Figures
Abstract
MAGE-C1/CT7 and MAGE-C2/CT10 are members of the large MAGE family of cancer-testis (CT) antigens. CT antigens are promising targets for immunotherapy in cancer because their expression is restricted to cancer and germ line cells and a proportion of cancer patients presents with immune responses against CT antigens, which clearly demonstrates their immunogenicity. This study investigates the expression of MAGE-C1/CT7 and MAGE-C2/CT10 in primary and metastatic melanoma. Immunohistochemical staining of tissue microarrays that consisted of 59 primary malignant melanomas of the skin, 163 lymph node and distant melanoma metastases and 68 melanoma cell lines was performed. We found MAGE-C1/CT7 expression in 15 out of 50 (24%) primary melanomas and 15 out of 50 (24%) cell lines, whereas MAGE-C2/CT10 was detected in 17 out of 51 (33%) primary melanomas and 14 out of 68 (17%) cell lines. MAGE-C1/CT7 and MAGE-C2/CT10 were both detected in 40% of melanoma metastases. Patients with MAGE-C1/CT7 or MAGE-C2/CT10 positive primary melanoma had significantly more lymph node metastases (p = 0.005 and p<0.001, resp.). Prediction of lymph node metastasis by MAGE-C1/CT7 and MAGE-C2/CT10 was independent of tumor cell proliferation rate (Ki67 labeling index) in a multivariate analysis (p = 0.01). Our results suggest that the expression of MAGE-C1/CT7 and MAGE-C2/CT10 in primary melanoma is a potent predictor of sentinel lymph node metastasis.
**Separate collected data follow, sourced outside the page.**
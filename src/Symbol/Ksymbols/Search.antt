-- ===== src/Symbol/Ksymbols/Search.antt =====
-- What the search of internal/symbol/ksymbols.go finds.
use jidick.Base.{
  ℕ, zero, suc, ◌+◌, ◌-◌, ◌/◌, ◌≤◌, ◌<◌, ◌≡◌, inl, inr, refl, sym, ap, ◌∙◌, arith, ltb, ◌==◌, true,
  false, some, List, [], ◌∷◌, ◌++◌, length, get_elem?, get_elem?-some, get_elem?-append,
  get_elem?-length, All, Bool-cases,
}
use jidick.Symbol.Ksymbols.{Symbol, search_loop, symbol_at, ksymbol_search}

-- Addresses that do not fall.
abbrev pub Ordered : List Symbol → Type 0
Ordered [] = Unit
Ordered (s ∷ ss) = All (λ t. s.addr ≤ t.addr) ss × Ordered ss

-- The symbol at an index below `n`.
abbrev pub IsAt : List Symbol → ℕ → ℕ → Symbol → Type 0
IsAt cache n k s = (k < n) × (get_elem? cache k ≡ some s)

module _ (cache : List Symbol) (n key : ℕ) where
  -- The symbols before `i` lie below the key, and those from `j` on above it.
  record Splits (i j : ℕ) : Type 0 where
    pub ordered : i ≤ j
    pub inside : j ≤ n
    pub below : (k : ℕ) (s : Symbol) → k < i → IsAt cache n k s → s.addr < key
    pub above : (k : ℕ) (s : Symbol) → j ≤ k → IsAt cache n k s → key < s.addr

  -- Where the loop may end.
  data Ends (r : ℕ) : Type 0 where
    hit : (s : Symbol) → IsAt cache n r s → s.addr ≡ key → Ends r
    gap : Splits r r → Ends r

module _ (cache : List Symbol) (n key : ℕ)
    (long : (k : ℕ) → k < n → (s : Symbol) × IsAt cache n k s)
    (sorted : (a b : ℕ) (s t : Symbol)
      → a ≤ b
      → IsAt cache n a s
      → IsAt cache n b t
      → s.addr ≤ t.addr) where
  upper :
      (i j h : ℕ) (s : Symbol)
      → h < j
      → IsAt cache n h s
      → s.addr < key
      → Splits cache n key i j
      → Splits cache n key (h + 1) j
  upper i j h s hj at lt sp = record {
    ordered = omega arith;
    inside = sp.inside;
    below = λ k t kh at'. let le = sorted k h t s (omega arith) at' at in omega arith;
    above = sp.above;
  }

  lower :
      (i j h : ℕ) (s : Symbol)
      → i ≤ h
      → h < j
      → IsAt cache n h s
      → key < s.addr
      → Splits cache n key i j
      → Splits cache n key i h
  lower i j h s ih hj at gt sp = record {
    ordered = ih;
    inside = omega (arith, sp.inside);
    below = sp.below;
    above = λ k t hk at'. let le = sorted h k s t hk at at' in omega arith;
  }

  search_loop-Ends :
      (fuel i j : ℕ)
      → j ≤ i + fuel
      → Splits cache n key i j
      → (r : ℕ) × (search_loop cache key fuel i j ≡ some r) × Ends cache n key r
  unfolding search_loop
  search_loop-Ends zero i j enough sp =
      let same : i ≡ j = omega (arith, sp.ordered) in
      let out : ltb i j ≡ false = ground (arith, sp.ordered) in
      (i, rw out refl, gap (rw (← same) at sp))
  search_loop-Ends (suc fuel) i j enough sp = elim (Bool-cases (ltb i j)) [
    | inr out ↦
        let same : i ≡ j = ground (arith, sp.ordered) in
        (i, rw (out, search_loop) refl, gap (rw (← same) at sp))
    | inl more ↦
        let i_h : i ≤ (i + j) / 2 = ground arith in
        let h_j : (i + j) / 2 < j = ground arith in
        let (s, at) = long ((i + j) / 2) (omega (arith, sp.inside)) in
        elim (Bool-cases (s.addr == key)) [
          | inl e ↦ ((i + j) / 2, rw (more, search_loop, at.1, e) refl, hit s at (ground arith))
          | inr e ↦ elim (Bool-cases (ltb s.addr key)) [
            | inl l ↦
                let (r, found, ends) =
                  search_loop-Ends fuel ((i + j) / 2 + 1) j (omega arith)
                    (upper i j ((i + j) / 2) s h_j at (ground arith) sp) in
                (r, rw (more, search_loop, at.1, e, l) found, ends)
            | inr l ↦
                let (r, found, ends) =
                  search_loop-Ends fuel i ((i + j) / 2) (omega arith)
                    (lower i j ((i + j) / 2) s i_h h_j at (ground arith) sp) in
                (r, rw (more, search_loop, at.1, e, l) found, ends)
          ]
        ]
  ]

  -- The loop ends in time: at the key, or where the symbols above it begin.
  loop-Ends : (r : ℕ) × (search_loop cache key n 0 n ≡ some r) × Ends cache n key r
  loop-Ends = search_loop-Ends n 0 n (omega arith) (record {
    ordered = omega arith;
    inside = omega arith;
    below = λ k s lt at. absurd (omega arith);
    above = λ k s le at. absurd (omega (arith, at.0));
  })

  -- The symbol that is nearest to the key from below.
  abbrev Nearest : Symbol → Type 0
  Nearest s =
      (s.addr ≤ key) × ((k : ℕ) (t : Symbol) → IsAt cache n k t → t.addr ≤ key → t.addr ≤ s.addr)

  -- The symbol that the loop stops at, past the last one at most.
  read_at :
      (r : ℕ) (spare : Symbol)
      → get_elem? cache n ≡ some spare
      → spare.addr < key
      → Splits cache n key r r
      → (x : Symbol) × (get_elem? cache r ≡ some x) × ((x.addr == key) ≡ false)
  read_at r spare end lowest sp = elim (Bool-cases (ltb r n)) [
    | inl inside ↦
        let (x, at) = long r (ground arith) in
        let above = sp.above r x (omega arith) at in (x, at.1, ground arith)
    | inr out ↦
        let same : r ≡ n = ground (arith, sp.inside) in
        (spare, ap (get_elem? cache) same ∙ end, ground arith)
  ]

  symbol_at-Nearest :
      (r k : ℕ) (spare t : Symbol)
      → get_elem? cache n ≡ some spare
      → spare.addr ≡ 0
      → IsAt cache n k t
      → t.addr ≤ key
      → Ends cache n key r
      → (s : Symbol) × (symbol_at cache key r ≡ some s) × Nearest s
  unfolding symbol_at
  symbol_at-Nearest r k spare t end blank at_k le (hit s at e) =
      let found : (s.addr == key) ≡ true = ground arith in
      (s, rw (at.1, symbol_at, found) refl, (omega arith, λ k t at_k le. omega arith))
  symbol_at-Nearest r k spare t end blank at_k le (gap sp) = elim (Bool-cases (ltb k r)) [
    | inr out ↦ let above = sp.above k t (ground arith) at_k in absurd (omega arith)
    | inl before ↦
        let below = sp.below k t (ground arith) at_k in
        let (x, at_r, other) = read_at r spare end (omega arith) sp in
        let (s, at) = long (r - 1) (ground (arith, sp.inside)) in
        let later : (r == 0) ≡ false = ground arith in
        let s_below = sp.below (r - 1) s (ground arith) at in
        (
          s,
          rw (at_r, symbol_at, other, later) at.1,
          (
            omega arith,
            λ k' t' at' le'. elim (Bool-cases (ltb k' r)) [
              | inl b ↦ sorted k' (r - 1) t' s (ground arith) at' at
              | inr b ↦ let above = sp.above k' t' (ground arith) at' in absurd (omega arith)
            ],
          ),
        )
  ]

All-get_elem? :
    (a : ℕ) (xs : List Symbol) (k : ℕ) (t : Symbol)
    → All (λ u. a ≤ u.addr) xs
    → get_elem? xs k ≡ some t
    → a ≤ t.addr
unfolding get_elem?
All-get_elem? a [] k t h e = absurd (cc e)
All-get_elem? a (x ∷ xs) zero t h e = let same : x ≡ t = cc e in rw (← same) h.0
All-get_elem? a (x ∷ xs) (suc k) t h e = All-get_elem? a xs k t h.1 e

Ordered-get_elem? :
    (xs : List Symbol) (a b : ℕ) (s t : Symbol)
    → Ordered xs
    → a ≤ b
    → get_elem? xs a ≡ some s
    → get_elem? xs b ≡ some t
    → s.addr ≤ t.addr
unfolding get_elem?
Ordered-get_elem? [] a b s t o le e f = absurd (cc e)
Ordered-get_elem? (x ∷ xs) zero zero s t o le e f =
    let same : s ≡ t = cc (e, f) in rw same (omega arith)
Ordered-get_elem? (x ∷ xs) zero (suc b) s t o le e f =
    let same : x ≡ s = cc e in rw (← same) (All-get_elem? x.addr xs b t o.0 f)
Ordered-get_elem? (x ∷ xs) (suc a) zero s t o le e f = absurd (omega arith)
Ordered-get_elem? (x ∷ xs) (suc a) (suc b) s t o le e f =
    Ordered-get_elem? xs a b s t o.1 (omega arith) e f

-- In a table of symbols in the order of their addresses that is not full, the search ends, and
-- finds for every address that is not below all of them a symbol that is at it or nearest below it.
pub ksymbol_search-Nearest :
    (symbols rest : List Symbol) (spare t : Symbol) (key k : ℕ)
    → Ordered symbols
    → spare.addr ≡ 0
    → get_elem? symbols k ≡ some t
    → k < length symbols
    → t.addr ≤ key
    → let table = symbols ++ spare ∷ rest in
      (s : Symbol) × (ksymbol_search table key (length symbols) ≡ some s)
      × (s.addr ≤ key)
      × ((j : ℕ) (u : Symbol) → IsAt table (length symbols) j u → u.addr ≤ key → u.addr ≤ s.addr)
unfolding ksymbol_search
ksymbol_search-Nearest symbols rest spare t key k ordered blank is inside le =
    let table = symbols ++ spare ∷ rest in
    let n = length symbols in
    let (r, ends, found) = loop-Ends table n key long sorted in
    let (s, at, nearest) =
      symbol_at-Nearest table n key long sorted r k spare t (get_elem?-length symbols rest spare)
        blank (inside, get_elem?-append symbols (spare ∷ rest) k inside ∙ is) le found in
    (s, rw ends at, nearest.0, nearest.1)
  where
    long :
        (j : ℕ)
        → j < length symbols
        → (u : Symbol) × IsAt (symbols ++ spare ∷ rest) (length symbols) j u
    long j h =
        let (u, e) = get_elem?-some symbols j h in
        (u, (h, get_elem?-append symbols (spare ∷ rest) j h ∙ e))

    sorted :
        (a b : ℕ) (u v : Symbol)
        → a ≤ b
        → IsAt (symbols ++ spare ∷ rest) (length symbols) a u
        → IsAt (symbols ++ spare ∷ rest) (length symbols) b v
        → u.addr ≤ v.addr
    sorted a b u v h (ia, ea) (ib, eb) =
        Ordered-get_elem? symbols a b u v ordered h
          (sym (get_elem?-append symbols (spare ∷ rest) a ia) ∙ ea)
          (sym (get_elem?-append symbols (spare ∷ rest) b ib) ∙ eb)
Citation: Curioni-Fontecedro A, Nuber N, Mihic-Probst D, Seifert B, Soldini D, Dummer R, et al. (2011) Expression of MAGE-C1/CT7 and MAGE-C2/CT10 Predicts Lymph Node Metastasis in Melanoma Patients. PLoS ONE 6(6): e21418. https://doi.org/10.1371/journal.pone.0021418
Editor: John D. Minna, University of Texas Southwestern Medical Center at Dallas, United States of America
Received: December 10, 2010; Accepted: June 1, 2011; Published: June 27, 2011
Copyright: © 2011 Curioni-Fontecedro et al. This is an open-access article distributed under the terms of the Creative Commons Attribution License, which permits unrestricted use, distribution, and reproduction in any medium, provided the original author and source are credited.
Funding: The funding for materials and researchers involved in this study was kindly donated from the following charity organisations: Krebsliga Zurich (www.krebsliga-zh.ch), Cancer Research Institute/Ludwig Institute for Cancer Research/Cancer Vaccine Collaborative/Atlantic Philantropies (www.cancerresearch.org, www.licr.org), the Terry Fox Foundation (www.terryfox.org), the Hanne Liebermann Foundation, the Hartmann Müller Foundation (http://www.hms.uzh.ch/), and the Ellinger Foundation. The funders had no role in study design, data collection and analysis, decision to publish, or preparation of the manuscript.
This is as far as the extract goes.